Une découverte surprenante pourrait redéfinir notre perception des cheveux gris. Loin d’être une simple marque du temps qui passe, l’apparition de cheveux blancs pourrait, dans certaines circonstances, signaler une défense naturelle de l’organisme contre le développement de certains cancers, notamment le mélanome. Une étude récente, menée sur des souris, révèle un lien insoupçonné entre la perte de pigmentation et la prévention tumorale.

Les chercheurs se sont penchés sur le destin des cellules souches mélanocytaires (McSC), responsables de la production de mélanine, le pigment qui colore nos cheveux et notre peau. Ils ont observé que lorsque ces cellules sont confrontées à des dommages graves de l’ADN, tels qu’une rupture de la double hélice, leur réponse est remarquable : elles cessent de se multiplier et entrent dans un état de sénescence. Ce processus, caractérisé par une désactivation cellulaire, entraîne une perte de couleur du pelage chez les rongeurs, se manifestant par l’apparition de poils blancs.

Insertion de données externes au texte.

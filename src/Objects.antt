-- ===== src/Objects.antt =====
-- kernel/src/win32/object.rs: the handle table of a process, and the kernel's pool of objects.
-- An index past a table is ruled out by the guards; a read of one gives a free entry here.
pub mod Handles
pub mod Pool
pub mod References
pub mod Sharing
pub mod Duplicates
pub mod Store
mod Tests
use mathlib.Core.Option
use nonameos.Prelude.{
  ℕ, ◌+◌, ◌-◌, ◌*◌, ◌/◌, ◌%◌, min, Bool, true, false, not, ◌&&◌, ◌||◌, List, Option, none, some,
  length, get_or, set, take, drop, replicate, copy_prefix, bytes_eq, leb, ◌==◌, if◌then◌else◌,
  add_usize, sub_usize,
}
use nonameos.Prelude.Find.{find_index}

pub data ObjectType : Type 0 where
  directory symbolic_link file process thread section mutant event semaphore timer key io_completion
        token window_station desktop :
      ObjectType

-- The discriminants, by which types are compared.
unfoldable pub type_code : ObjectType → ℕ
type_code directory = 0
type_code symbolic_link = 1
type_code file = 2
type_code process = 3
type_code thread = 4
type_code section = 5
type_code mutant = 6
type_code event = 7
type_code semaphore = 8
type_code timer = 9
type_code key = 10
type_code io_completion = 11
type_code token = 12
type_code window_station = 13
type_code desktop = 14

pub data ObjectBody : Type 0 where
  no_body : ObjectBody
  file_body : (path : List ℕ) (path_len position access size : ℕ) → ObjectBody
  process_body : (pid exit_code : ℕ) (terminated : Bool) → ObjectBody
  thread_body : (tid owner_pid exit_code : ℕ) (terminated : Bool) → ObjectBody
  mutant_body : (owner_tid recursion_count : ℕ) (signaled : Bool) → ObjectBody
  event_body : (manual_reset signaled : Bool) → ObjectBody
  semaphore_body : (current_count maximum_count : ℕ) → ObjectBody
  key_body : (path : List ℕ) (path_len : ℕ) → ObjectBody
  section_body : (base_address size : ℕ) → ObjectBody

pub record ObjectHeader : Type 0 where
  pub object_type : ObjectType
  pub ref_count : ℕ
  pub handle_count : ℕ
  pub name : List ℕ
  pub name_len : ℕ
  pub permanent : Bool
  pub body : ObjectBody

-- `u32::MAX`, the object index of a free entry.
abbrev pub no_object : ℕ
no_object = 4294967295

pub record HandleEntry : Type 0 where
  pub object_index : ℕ
  pub access_mask : ℕ
  pub inherit : Bool
  pub protect : Bool

abbrev pub empty_entry : HandleEntry
empty_entry = record { object_index = no_object; access_mask = 0; inherit = false; protect = false }

abbrev pub is_free : HandleEntry → Bool
is_free e = e.object_index == no_object

abbrev pub handle_table_size : ℕ
handle_table_size = 256

abbrev pub HandleTable : Type 0
HandleTable = List HandleEntry

unfoldable pub new_table : HandleTable
new_table = replicate handle_table_size empty_entry

abbrev pub entry : HandleTable → ℕ → HandleEntry
entry table index = get_or table index empty_entry

-- `HANDLE::INVALID`
abbrev pub invalid : ℕ
invalid = 18446744073709551615

abbrev pub status_success : ℕ
status_success = 0

abbrev pub status_invalid_handle : ℕ
status_invalid_handle = 0xC0000008

abbrev pub status_handle_not_closable : ℕ
status_handle_not_closable = 0xC0000235

abbrev pub status_object_name_not_found : ℕ
status_object_name_not_found = 0xC0000034

abbrev pub status_object_type_mismatch : ℕ
status_object_type_mismatch = 0xC0000024

abbrev pub status_insufficient_resources : ℕ
status_insufficient_resources = 0xC000009A

-- `NTSTATUS::is_error`
abbrev pub is_error : ℕ → Bool
is_error status = leb 0xC0000000 status

-- `HandleTable::alloc`: the entry of index 0 is reserved.
unfoldable pub alloc : ℕ → ℕ → HandleTable → ℕ × HandleTable
alloc object_index access table = elim (find_index is_free (drop 1 table)) [
  | none ↦ (invalid, table)
  | some i ↦ (
    (i + 1) * 4,
    set table (i + 1) (record {
      object_index = object_index;
      access_mask = access;
      inherit = false;
      protect = false;
    }),
  )
]

-- `HandleTable::get`
unfoldable pub get : ℕ → HandleTable → Option HandleEntry
get handle table =
    let index = handle / 4 in
    if index == 0 || leb handle_table_size index
    then none
    else if is_free (entry table index)
    then none
    else some (entry table index)

-- `HandleTable::close`
unfoldable pub close : ℕ → HandleTable → ℕ × HandleTable
close handle table =
    let index = handle / 4 in
    if index == 0 || leb handle_table_size index
    then (status_invalid_handle, table)
    else if is_free (entry table index)
    then (status_invalid_handle, table)
    else if (entry table index).protect
    then (status_handle_not_closable, table)
    else (status_success, set table index empty_entry)

-- `HandleTable::duplicate`
unfoldable pub duplicate : ℕ → ℕ → HandleTable → ℕ × HandleTable
duplicate source new_access table =
    let src_index = source / 4 in
    if src_index == 0 || leb handle_table_size src_index
    then (invalid, table)
    else if is_free (entry table src_index)
    then (invalid, table)
    else alloc (entry table src_index).object_index new_access table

Ce comportement protecteur a été mis en évidence lors d’expériences où les souris ont été exposées à deux agents cancérigènes puissants : les rayons ultraviolets B (UVB) et le 20-méthylcholanthrène (DMBA), une substance fréquemment utilisée en laboratoire pour induire la formation de tumeurs. Contrairement aux dommages génétiques plus simples, ces expositions intenses n’ont pas conduit les McSC à la sénescence. Au lieu de cela, elles ont continué à se reproduire. Cette divergence comportementale démontre que la même population de cellules souches peut emprunter des voies opposées : soit s’épuiser dans une stratégie de protection, soit proliférer, favorisant ainsi l’émergence d’une tumeur.

« Le vieillissement des cheveux et le mélanome ne sont pas des événements indépendants, mais les résultats divergents des réponses au stress des cellules souches », explique Emi Nishimura, coordinatrice de la recherche. Bien que les auteurs de l’étude insistent sur le fait que le grisonnement ne signifie pas une immunité totale contre le mélanome, ils soulignent que le mécanisme de « désactivation » des McSC agit comme un véritable bouclier contre la dissémination de ce type de cancer. Lorsque ce mécanisme de défense est déjoué, la persistance de cellules souches mélanocytaires endommagées peut paradoxalement favoriser le développement tumoral.